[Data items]
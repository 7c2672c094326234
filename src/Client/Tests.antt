-- ===== src/Client/Tests.antt =====
-- A deposit on its way from the sender to the recipient, with the toy libraries of the server.
use skattr.Base.{true, false, [], ◌∷◌}
use skattr.Base.Results
use skattr.Mailbox.Protocol.{DepositOk}
use skattr.Mailbox.Failure
use skattr.Mailbox.Store.{Row}
use skattr.Mailbox.Store
use skattr.Mailbox.Policy.{recommended, new}
use skattr.Mailbox.Dispatch.{State, handle_deposit}
use skattr.Mailbox.Server.{Item, frame, Draw, turn}
use skattr.Mailbox.Codec.{deposit}
use skattr.Mailbox.Tests.{toy, key}
use skattr.Client.{Identity}
use skattr.Client.Delivered.{sent_row}

abbrev owner : Identity
owner = record { public = key; sign = λ m. m }

abbrev idle : State
idle = record {
  deposits = [];
  challenges = [];
  conn_rl = record { deposits = new 30 0; fetches = new 6 0 };
  global_rl = new 1_000 0;
}

abbrev at_20 : Draw
at_20 = record { random = 2 ∷ []; now = 20; now_us = 6; hangs_up = false }

abbrev at_30 : Draw
at_30 = record { random = 3 ∷ []; now = 30; now_us = 8; hangs_up = false }

abbrev at_31 : Draw
at_31 = record { random = 4 ∷ []; now = 31; now_us = 39; hangs_up = false }

abbrev stored : State
stored =
    (handle_deposit recommended
      (record { version = 1; recipient_hash = key; ciphertext = 4 ∷ []; ttl_request = 3_600 })
      (2 ∷ []) 20 6 idle).0

abbrev confirmed : DepositOk
confirmed = record { deposit_id = 2 ∷ []; expires_at = 3_620 }

-- Before the owner comes, another connection deposits for someone else, and the sweep runs.
abbrev other_conn : State
other_conn = record stored { conn_rl = record { deposits = new 30 25; fetches = new 6 25 } }

abbrev other_deposit : Item
other_deposit = frame (
    deposit
      (record { version = 1; recipient_hash = 9 ∷ []; ciphertext = 5 ∷ []; ttl_request = 3_600 }))

abbrev at_25 : Draw
at_25 = record { random = 8 ∷ []; now = 25; now_us = 30; hangs_up = true }

abbrev busy : State
busy = (turn recommended toy other_deposit at_25 other_conn).0

abbrev later : State
later = record busy {
  deposits = (Store.expire_sweep busy.deposits 28).0;
  conn_rl = record { deposits = new 30 31; fetches = new 6 31 };
}

abbrev row : Row
row = sent_row recommended toy owner (4 ∷ []) at_20 confirmed
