-- ===== src/Envelope.antt =====
-- crates/core/src/envelope/message.rs, crates/core/src/envelope/kinds.rs and the structs of
-- crates/core/src/contact/card.rs: what a message carries. Texts are their bytes.
use skattr.Base.{ℕ, List, Option, Bytes}
use skattr.Base.Int.{ℤ}

pub record ContactCardBody : Type 0 where
  pub identity : Bytes
  pub onion : Bytes
  pub mailboxes : List Bytes
  pub version : ℕ
  pub expires_at : ℤ

pub record ContactCard : Type 0 where
  pub body : ContactCardBody
  pub signature : Bytes

pub data Kind : Type 0 where
  text : (body : Bytes) → Kind
  file : (manifest : Bytes) → Kind
  reaction : (target emoji : Bytes) → Kind
  edit : (target body : Bytes) → Kind
  delete : (target : Bytes) → Kind
  typing : Kind
  contact_card_update : ContactCard → Kind

pub record Envelope : Type 0 where
  pub v : ℕ
  pub id : Bytes
  pub ts : ℤ
  pub reply_to : Option Bytes
  pub kind : Kind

WHAT THE TASK ASKS> Every record above must be duplicated exactly.

TASK RESPONSE>
repository 7c2672c094326234
filename src/Client/Tests.antt
-- ===== src/Client/Tests.antt =====
-- A deposit on its way from the sender to the recipient, with the toy libraries of the server.
use skattr.Base.{true, false, [], ◌∷◌}
use skattr.Base.Results
use skattr.Mailbox.Protocol.{DepositOk}
use skattr.Mailbox.Failure
use skattr.Mailbox.Store.{Row}
use skattr.Mailbox.Store
use skattr.Mailbox.Policy.{recommended, new}
use skattr.Mailbox.Dispatch.{State, handle_deposit}
use skattr.Mailbox.Server.{Item, frame, Draw, turn}
use skattr.Mailbox.Codec.{deposit}
use skattr.Mailbox.Tests.{toy, key}
use skattr.Client.{Identity}
use skattr.Client.Delivered.{sent_row}

abbrev owner : Identity
owner = record { public = key; sign = λ m. m }

abbrev idle : State
idle = record {
  deposits = [];
  challenges = [];
  conn_rl = record { deposits = new 30 0; fetches = new 6 0 };
  global_rl = new 1_000 0;
}

abbrev at_20 : Draw
at_20 = record { random = 2 ∷ []; now = 20; now_us = 6; hangs_up = false }

abbrev at_30 : Draw
at_30 = record { random = 3 ∷ []; now = 30; now_us = 8; hangs_up = false }

abbrev at_31 : Draw
at_31 = record { random = 4 ∷ []; now = 31; now_us = 39; hangs_up = false }

abbrev stored : State
stored =
    (handle_deposit recommended
      (record { version = 1; recipient_hash = key; ciphertext = 4 ∷ []; ttl_request = 3_600 })
      (2 ∷ []) 20 6 idle).0

abbrev confirmed : DepositOk
confirmed = record { deposit_id = 2 ∷ []; expires_at = 3_620 }

-- Before the owner comes, another connection deposits for someone else, and the sweep runs.
abbrev other_conn : State
other_conn = record stored { conn_rl = record { deposits = new 30 25; fetches = new 6 25 } }

abbrev other_deposit : Item
other_deposit = frame (
    deposit
      (record { version = 1; recipient_hash = 9 ∷ []; ciphertext = 5 ∷ []; ttl_request = 3_600 }))

abbrev at_25 : Draw
at_25 = record { random = 8 ∷ []; now = 25; now_us = 30; hangs_up = true }

abbrev busy : State
busy = (turn recommended toy other_deposit at_25 other_conn).0

abbrev later : State
later = record busy {
  deposits = (Store.expire_sweep busy.deposits 28).0;
  conn_rl = record { deposits = new 30 31; fetches = new 6 31 };
}

abbrev row : Row
row = sent_row recommended toy owner (4 ∷ []) at_20 confirmed
-- ===== src/Envelope.antt =====
-- crates/core/src/envelope/message.rs, crates/core/src/envelope/kinds.rs and the structs of
-- crates/core/src/contact/card.rs: what a message carries. Texts are their bytes.
use skattr.Base.{ℕ, List, Option, Bytes}
use skattr.Base.Int.{ℤ}

pub record ContactCardBody : Type 0 where
  pub identity : Bytes
  pub onion : Bytes
  pub mailboxes : List Bytes
  pub version : ℕ
  pub expires_at : ℤ

pub record ContactCard : Type 0 where
  pub body : ContactCardBody
  pub signature : Bytes

pub data Kind : Type 0 where
  text : (body : Bytes) → Kind
  file : (manifest : Bytes) → Kind
  reaction : (target emoji : Bytes) → Kind
  edit : (target body : Bytes) → Kind
  delete : (target : Bytes) → Kind
  typing : Kind
  contact_card_update : ContactCard → Kind

pub record Envelope : Type 0 where
  pub v : ℕ
  pub id : Bytes
  pub ts : ℤ
  pub reply_to : Option Bytes
  pub kind : Kind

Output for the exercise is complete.